What I was failing to consider, however, was that light reflecting off of the moon changes the applicability of the inverse square law. The inverse square law isn't mysterious. Rather, it's a consequence of geometry in a 3-dimensional world. If an object emits light radially from a point source, then at any given distance from the source, the light will be spread out on a spherical shell around the source. As the distance grows, the light falls off with the square of the distance, because the surface area of a sphere is 4πr2.
But any real emitter is not actually a point source. The sun radiates the light we see from its surface, which is (almost perfectly) spherical. All this means, however, is that there is some defined power at the surface, and we can imagine that power increasing to infinity as we dip below that surface to a point.
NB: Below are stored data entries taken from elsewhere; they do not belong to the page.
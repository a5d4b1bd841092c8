-- ===== src/Server/Pending.antt =====
-- `Write` of src/blockstorage_server.cc where the peer cannot be reached.
use replicated_block_store.Prelude.{
  ℕ, ◌≡◌, ◌≤◌, ◌+◌, ◌++◌, refl, ap, ◌∙◌, some, none, Bool, Bytes, length, int_of_uint32, map,
}
use replicated_block_store.Disk.{Disk, Faults}
use replicated_block_store.Map.{find}
use replicated_block_store.Wal.{start, state_line, move_lines, pending_replication}
use replicated_block_store.KvStore.{TxnData}
use replicated_block_store.KvStore.Laws.{find-update-add}
use replicated_block_store.Address.{block_size, block_storage_max_size, PathData}
use replicated_block_store.Address.Blocks.{file_parts}
use replicated_block_store.Address.Paths.{max_blocks}
use replicated_block_store.Device.{write_device}
use replicated_block_store.Server.{Server, ok, unavailable, returns}
use replicated_block_store.Server.Comm.{rename_movs}
use replicated_block_store.Server.Block.{Stub, address_string, call_prepare}
use replicated_block_store.Server.Write.{
  Job, paths, reply, enter_cache, add_transaction, enter_cache, enter_state, on_prepare, pend,
  replicate_staged, write_job, write,
}
use replicated_block_store.Server.Staging.{Calm}
use replicated_block_store.Server.View.{view}
use replicated_block_store.Server.Parts.{IsReady, IsStaged-append_log, stage_parts}
use replicated_block_store.Server.Link.{write_to_log-start}
use replicated_block_store.Server.Replication.{
  view-enter_state, disk-update_entry, kv_store-update_entry, write_lem, disk-enter_cache,
  kv_store-enter_cache,
}

-- The transaction that waits for the peer.
abbrev pub pending_data : ℕ → TxnData
pending_data a = record {
  original_files = paths (file_parts a);
  sizes = map (λ (pd : PathData). pd.size) (file_parts a);
  offsets = map (λ (pd : PathData). pd.offset) (file_parts a);
  state = pending_replication;
}

write_job_pending :
    (os : Faults) (cache_on : Bool) {P : Type 0} (stub : Stub P) (now key buffer : Bytes) (a : ℕ)
    (s : Server) (p : P)
    → Calm os
    → a + block_size ≤ block_storage_max_size
    → length buffer ≡ block_size
    → IsReady s.disk a
    → (call_prepare stub now buffer (file_parts a) p).0 ≡ unavailable
    → find now s.kv_store ≡ none
    → let w =
        write_job os cache_on stub
          (record { key = key; buffer = buffer; parts = file_parts a; txn_id = now })
          s
          p in
      (w.0 ≡ returns (reply ok))
      × ((b : ℕ) → b ≤ max_blocks → view w.1.disk b ≡ write_device a buffer (view s.disk) b)
      × (find now w.1.kv_store ≡ some (pending_data a))
unfolding write_job add_transaction
write_job_pending os cache_on stub now key buffer a s p calm bound n ready lost free =
    let j : Job = record { key = key; buffer = buffer; parts = file_parts a; txn_id = now } in
    let (ends, staged) = stage_parts os calm a buffer bound s.disk n ready in
    let logged =
      IsStaged-append_log os
        (state_line now start ++ move_lines now (rename_movs (paths (file_parts a)))) a buffer
        (view s.disk) _ bound staged in
    rw (ends, replicate_staged, write_to_log-start os a now, lost, on_prepare, pend)
      (
        refl,
        (λ b hb. rw disk-update_entry (
            view-enter_state os calm a j pending_replication (view s.disk) (add_transaction j _ s)
              bound refl (cc) logged b hb)),
        rw kv_store-update_entry (
            unfold enter_state in
            find-update-add now (paths (file_parts a))
              (map (λ (pd : PathData). pd.size) (file_parts a))
              (map (λ (pd : PathData). pd.offset) (file_parts a)) pending_replication s.kv_store
              free),
      )

module _ (os : Faults) (cache_on : Bool) {P : Type 0} (stub : Stub P) (now buffer : Bytes) (a : ℕ)
    (s : Server) (p : P) (calm : Calm os) (bound : a + block_size ≤ block_storage_max_size)
    (n : length buffer ≡ block_size) (ready : IsReady s.disk a) where
  -- Where the peer cannot be reached for Prepare, a write of 4096 bytes within the bounds, to
  -- blocks that the primary can write and with nothing refused there, answers OK too: it is the
  -- write of the device on the primary, and the transaction, whose id was free, is in flight as
  -- pending with its files, sizes and offsets.
  pub write_pending :
      (call_prepare stub now buffer (file_parts a) p).0 ≡ unavailable
      → find now s.kv_store ≡ none
      → let w = write os cache_on stub now a buffer s p in
        (w.0 ≡ returns (reply ok))
        × ((b : ℕ) → b ≤ max_blocks → view w.1.disk b ≡ write_device a buffer (view s.disk) b)
        × (find now w.1.kv_store ≡ some (pending_data a))
  write_pending lost free =
      let key = address_string (int_of_uint32 a) in
      let same = disk-enter_cache cache_on key s in
      rw (write_lem os cache_on stub now buffer a s p bound) (
        let (o, w, k) =
          write_job_pending os cache_on stub now key buffer a (enter_cache cache_on key s) p calm
            bound n (rw same ready) lost (rw kv_store-enter_cache free) in
        (o, (λ b hb. w b hb ∙ ap (λ (d : Disk). write_device a buffer (view d) b) same), k))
But here's the key: the power radiated per unit area has some value at 1 radii out (the surface), and that power drops to 1/4 its original value at 2 radii, 1/9 its original value at 3 radii, and so on. Note that this exactly mirrors (ha) my original answer. At 221 moon radii (384,400/1737), the power has been reduced by a factor of 2212=49,000.
This answer being applicable, however, requires that light reflected from the moon is emitted radially (from the half that is facing the sun, anyway), which seemed implausible to me in the beginning given how complicated the moon's regolith is supposed to be. But it turns out that if you assume the moon is an ideal diffuse reflecting surface, then radial emission is what happens.
For a specular reflecting surface, the incident angle of the light exactly determines the angle of reflection. But for an ideal diffuse surface, the incident angle is not important at all, and the light reflects in a random direction. If the light reflects entirely randomly, then on average the angle of reflection will be exactly perpendicular to the surface, because any angle away from perpendicular will be balanced out. So on average, a diffuse reflector looks like a radial emitter and follows the inverse square law.
The complicated surface of the moon, with its opposition effect, means that the "on average" part up there is not strictly speaking true, but it apparently doesn't have enough of an effect to eliminate the approximately true inverse square relation that shows up. Why radially emitting from the moon seems to drop off more quickly than radially emitting from the Sun is because a radial emitter that has the Sun's apparent brightness at 1 lunar radii is actually a weaker source than the same apparent brightness at 1 solar radii. If you expand the lunar emitter to the size of the solar emitter, then your power/area is reduced accordingly and you have a dimmer surface, so of course its power will fall off more quickly than the solar emitter.
Well, anyway, so much for this post being a reasonable length.